What needs to be done: Reproduce the records exactly, beginning with their first line and ending with the line that contains "unfoldable pub product : ℕ → ℕ → Uint128", and output nothing more.

Given records:
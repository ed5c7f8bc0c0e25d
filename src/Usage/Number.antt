-- ===== src/Usage/Number.antt =====
-- pkg/usage/number.go: unsigned 128-bit integers over two uint64, with carries as math/bits has them.
use sandboxer.Prelude.{
  ℕ, ◌+◌, ◌-◌, ◌*◌, ◌/◌, ◌%◌, ◌^◌, ◌<◌, ◌≤◌, ◌≡◌, Option, none, some, ltb, leb, ◌==◌, if◌then◌else◌,
  arith, inl, inr, lt_or_le, zero, suc,
}

pub record Uint128 : Type 0 where
  pub hi : ℕ
  pub lo : ℕ

-- Both halves are uint64.
abbrev pub IsUint128 : Uint128 → Type 0
IsUint128 a = (a.hi < 2 ^ 64) × (a.lo < 2 ^ 64)

abbrev pub value : Uint128 → ℕ
value a = a.hi * 2 ^ 64 + a.lo

-- Uint128.Add; none is ErrOverflow.
unfoldable pub add : Uint128 → Uint128 → Option Uint128
add a b =
    let low = a.lo + b.lo in
    let high = a.hi + b.hi + low / 2 ^ 64 in
    if leb (2 ^ 64) high then none else some (record { hi = high; lo = low % 2 ^ 64 })

-- Uint128.Sub; none is the error of a decrease.
unfoldable pub sub : Uint128 → Uint128 → Option Uint128
sub a b =
    let borrow = if ltb a.lo b.lo then 1 else 0 in
    if ltb a.hi (b.hi + borrow)
    then none
    else some (record { hi = a.hi - b.hi - borrow; lo = (a.lo + 2 ^ 64 - b.lo) % 2 ^ 64 })

unfoldable pub product : ℕ → ℕ → Uint128
product a b = record { hi = a * b / 2 ^ 64; lo = a * b % 2 ^ 64 }

-- Uint128.div by a positive divisor: the quotient and the remainder.
unfoldable pub div : Uint128 → ℕ → Uint128 × ℕ
div a d = let rest = a.hi % d * 2 ^ 64 + a.lo in (record { hi = a.hi / d; lo = rest / d }, rest % d)

-- Average: none is false.
unfoldable pub average : Uint128 → ℕ → Option ℕ
average area covered =
    let q = (div area covered).0 in
    if covered == 0 then none else if q.hi == 0 then some q.lo else none

unfoldable pub add64 : ℕ → ℕ → Option ℕ
add64 a b = if leb (2 ^ 64) (a + b) then none else some (a + b)

pub add-value :
    (a b r : Uint128)
    → IsUint128 a
    → IsUint128 b
    → add a b ≡ some r
    → (value r ≡ value a + value b) × IsUint128 r
unfolding add
add-value a b r u v e = ground arith

pub add-none :
    (a b : Uint128) → IsUint128 a → IsUint128 b → add a b ≡ none → 2 ^ 128 ≤ value a + value b
unfolding add
add-none a b u v e = ground arith

mul_le : (a b c : ℕ) → a ≤ b → a * c ≤ b * c
mul_le a b zero h = omega arith
mul_le a b (suc c) h = omega (arith, mul_le a b c h)

pub product-value :
    (a b : ℕ)
    → a < 2 ^ 64
    → b < 2 ^ 64
    → (value (product a b) ≡ a * b) × (a * b < 2 ^ 128) × IsUint128 (product a b)
unfolding product
product-value a b u v = ground (arith, mul_le a (2 ^ 64 - 1) b (omega arith))

pub div-value :
    (a : Uint128) (d : ℕ)
    → 0 < d
    → (value (div a d).0 * d + (div a d).1 ≡ value a) × ((div a d).1 < d)
unfolding div
div-value a d h = ground arith

pub div-IsUint128 : (a : Uint128) (d : ℕ) → IsUint128 a → 0 < d → IsUint128 (div a d).0
unfolding div
div-IsUint128 a d u h =
    let q = (a.hi % d * 2 ^ 64 + a.lo) / d in
    elim (lt_or_le q (2 ^ 64)) [
      | inl fits ↦ ground arith
      | inr big ↦ absurd (ground (arith, mul_le (2 ^ 64) q d big))
    ]
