-- ===== src/Usage/Accumulate.antt =====
-- pkg/usage/accumulate.go: cumulative gauges and counters. A string is a number, 0 the empty one;
-- an int64 is its 64-bit pattern. Each method runs under its caller's lock.
use sandboxer.Prelude.{
  ℕ, ◌+◌, ◌-◌, ◌*◌, ◌%◌, ◌^◌, Option, none, some, ltb, leb, ◌==◌, if◌then◌else◌, ◌||◌, ◌&&◌, not,
  Bool, true, false,
}
use sandboxer.Prelude.Int.{int_pos}
use sandboxer.Usage.Number.{Uint128, add, product, div, add64}

-- The statuses.
abbrev pub ok : ℕ
ok = 1

abbrev pub missing : ℕ
missing = 2

abbrev pub invalid_status : ℕ
invalid_status = 4

-- time.Second.
abbrev pub second : ℕ
second = 1000000000

pub data UsageError : Type 0 where
  overflow bad_interval bad_counter regression : UsageError

pub record Window : Type 0 where
  pub area : Uint128
  pub span : ℕ
  pub covered : ℕ
  pub peak : ℕ
  pub peak_at : ℕ
  pub peak_known : Bool
  pub samples : ℕ
  pub max_read_window : ℕ

-- Window.peak.
unfoldable pub raise_peak : ℕ → ℕ → Window → Window
raise_peak value at w =
    if not w.peak_known || ltb w.peak value
    then record w { peak = value; peak_at = at; peak_known = true }
    else w

-- mergeWindow; none is ErrOverflow.
unfoldable pub merge_window : Window → Window → Option Window
merge_window a b = elim (add a.area b.area) [
  | none ↦ none
  | some area ↦ elim (add64 a.span b.span) [
    | none ↦ none
    | some span ↦ elim (add64 a.covered b.covered) [
      | none ↦ none
      | some covered ↦ elim (add64 a.samples b.samples) [
        | none ↦ none
        | some samples ↦
            let sum : Window = record b {
              area = area;
              span = span;
              covered = covered;
              samples = samples;
            } in
            let out = if a.peak_known then raise_peak a.peak a.peak_at sum else sum in
            some (
              if ltb out.max_read_window a.max_read_window
              then record out { max_read_window = a.max_read_window }
              else out)
      ]
    ]
  ]
]

-- The name, which no operation reads, is left out.
pub record Gauge : Type 0 where
  pub source : ℕ
  pub integral_total : Uint128
  pub span_total : ℕ
  pub covered_total : ℕ
  pub last_value : ℕ
  pub last_value_at : ℕ
  pub last_at : ℕ
  pub last_request : ℕ
  pub position_known : Bool
  pub value_known : Bool
  pub continuous : Bool
  pub status : ℕ
  pub window : Window

-- a <= b of two int64.
abbrev pub le_int64 : ℕ → ℕ → Bool
le_int64 a b = leb ((a + 2 ^ 63) % 2 ^ 64) ((b + 2 ^ 63) % 2 ^ 64)

-- The interval since the last attempt counts as covered.
unfoldable pub cover : ℕ → Gauge → Option Gauge
cover dt g = elim (add g.integral_total (product g.last_value dt)) [
  | none ↦ none
  | some integral ↦ elim (add g.window.area (product g.last_value dt)) [
    | none ↦ none
    | some area ↦ elim (add64 g.covered_total dt) [
      | none ↦ none
      | some total ↦ elim (add64 g.window.covered dt) [
        | none ↦ none
        | some covered ↦ some (record g {
          integral_total = integral;
          covered_total = total;
          window =
              raise_peak g.last_value g.last_value_at
                (record g.window { area = area; covered = covered });
        })
      ]
    ]
  ]
]

-- The interval since the last attempt of the same source; `counts` is whether it has a value.
unfoldable pub extend : ℕ → Bool → Gauge → Option Gauge
extend dt counts g = elim (add64 g.span_total dt) [
  | none ↦ none
  | some total ↦ elim (add64 g.window.span dt) [
    | none ↦ none
    | some span ↦
        let spanned : Gauge = record g {
          span_total = total;
          window = record g.window { span = span };
        } in
        if counts then cover dt spanned else some spanned
  ]
]

-- The new boundary, and a valid value.
unfoldable pub settle : ℕ → ℕ → ℕ → ℕ → ℕ → Gauge → Option Gauge
settle source at value status width g =
    let bounded : Gauge = record g {
      last_at = at;
      position_known = true;
      source = source;
      status = status;
      continuous = status == ok;
    } in
    let raised = raise_peak value at g.window in
    if not (status == ok) then some bounded else elim (add64 raised.samples 1) [
      | none ↦ none
      | some samples ↦ some (record bounded {
        last_value = value;
        last_value_at = at;
        value_known = true;
        window = record raised {
          samples = samples;
          max_read_window =
              if ltb raised.max_read_window width then width else raised.max_read_window;
        };
      })
    ]

abbrev pub or_overflow : Gauge → Option Gauge → Option UsageError × Gauge
or_overflow g none = (some overflow, g)
or_overflow g (some n) = (none, n)

unfoldable pub and_settle : ℕ → ℕ → ℕ → ℕ → ℕ → Option Gauge → Option Gauge
and_settle source at value status width none = none
and_settle source at value status width (some n) = settle source at value status width n

-- Gauge.Observe. An arithmetic failure leaves the gauge as it was.
unfoldable pub observe_gauge : ℕ → ℕ → ℕ → ℕ → ℕ → ℕ → ℕ → Gauge → Option UsageError × Gauge
unfolding and_settle
observe_gauge source request at value given width interval g =
    let n : Gauge = record g { last_request = request } in
    let status = if leb (2 ^ 63) width || ltb interval width then invalid_status else given in
    let dt = (at + 2 ^ 64 - g.last_at) % 2 ^ 64 in
    let counts = g.continuous && status == ok && leb dt (2 * interval) in
    if request == 0 || leb request g.last_request
    then (none, g)
    else if not (int_pos interval) || ltb (2 ^ 62 - 1) interval
    then (some bad_interval, g)
    else if g.position_known && le_int64 at g.last_at
    then (none, record n { continuous = false; status = invalid_status })
    else or_overflow g (
        and_settle source at value status width
          (if g.position_known && source == g.source then extend dt counts n else some n))

-- Gauge.Break.
unfoldable pub break_gauge : ℕ → Gauge → Gauge
break_gauge status g = record g {
  position_known = false;
  continuous = false;
  value_known = false;
  status = status;
}

-- The name, which no operation reads, is left out.
pub record Counter : Type 0 where
  pub source : ℕ
  pub known_total : Uint128
  pub last_raw : ℕ
  pub hertz : ℕ
  pub remainder : ℕ
  pub source_known : Bool
  pub complete : Bool
  pub status : ℕ

-- The conversion of `delta` ticks, with the remainder of the last one.
unfoldable pub convert :
    ℕ → ℕ → ℕ → ℕ → Counter → Option UsageError × Counter → Option UsageError × Counter
convert source raw hertz delta n failed =
    elim (add (product delta second) (record { hi = 0; lo = n.remainder })) [
      | none ↦ failed
      | some quantity ↦ elim (add n.known_total (div quantity hertz).0) [
        | none ↦ failed
        | some total ↦ (
          none,
          record n {
            known_total = total;
            source = source;
            last_raw = raw;
            hertz = hertz;
            remainder = (div quantity hertz).1;
            source_known = true;
            status = ok;
          },
        )
      ]
    ]

-- Whether the totals are complete after a change of source.
unfoldable pub complete_after : Bool → Counter → Bool
complete_after created c =
    if c.source_known then false else if c.status == 0 then created else c.complete && created

-- Counter.Observe.
unfoldable pub observe_counter : ℕ → ℕ → ℕ → Bool → Counter → Option UsageError × Counter
observe_counter source raw hertz created c =
    let failed : Option UsageError × Counter = (some overflow, c) in
    if source == 0 || hertz == 0
    then (some bad_counter, c)
    else if c.source_known && c.source == source
    then (if not (hertz == c.hertz) || ltb raw c.last_raw
        then (some regression, record c { complete = false; status = invalid_status })
        else convert source raw hertz (raw - c.last_raw) c failed)
    else convert source raw hertz (if created then raw else 0)
        (record c { complete = complete_after created c; remainder = 0 }) failed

Result of this task:
repository ed5c7f8bc0c0e25d
filename src/Usage/Number.antt
-- ===== src/Usage/Number.antt =====
-- pkg/usage/number.go: unsigned 128-bit integers over two uint64, with carries as math/bits has them.
use sandboxer.Prelude.{
  ℕ, ◌+◌, ◌-◌, ◌*◌, ◌/◌, ◌%◌, ◌^◌, ◌<◌, ◌≤◌, ◌≡◌, Option, none, some, ltb, leb, ◌==◌, if◌then◌else◌,
  arith, inl, inr, lt_or_le, zero, suc,
}

pub record Uint128 : Type 0 where
  pub hi : ℕ
  pub lo : ℕ

-- Both halves are uint64.
abbrev pub IsUint128 : Uint128 → Type 0
IsUint128 a = (a.hi < 2 ^ 64) × (a.lo < 2 ^ 64)

abbrev pub value : Uint128 → ℕ
value a = a.hi * 2 ^ 64 + a.lo

-- Uint128.Add; none is ErrOverflow.
unfoldable pub add : Uint128 → Uint128 → Option Uint128
add a b =
    let low = a.lo + b.lo in
    let high = a.hi + b.hi + low / 2 ^ 64 in
    if leb (2 ^ 64) high then none else some (record { hi = high; lo = low % 2 ^ 64 })

-- Uint128.Sub; none is the error of a decrease.
unfoldable pub sub : Uint128 → Uint128 → Option Uint128
sub a b =
    let borrow = if ltb a.lo b.lo then 1 else 0 in
    if ltb a.hi (b.hi + borrow)
    then none
    else some (record { hi = a.hi - b.hi - borrow; lo = (a.lo + 2 ^ 64 - b.lo) % 2 ^ 64 })

unfoldable pub product : ℕ → ℕ → Uint128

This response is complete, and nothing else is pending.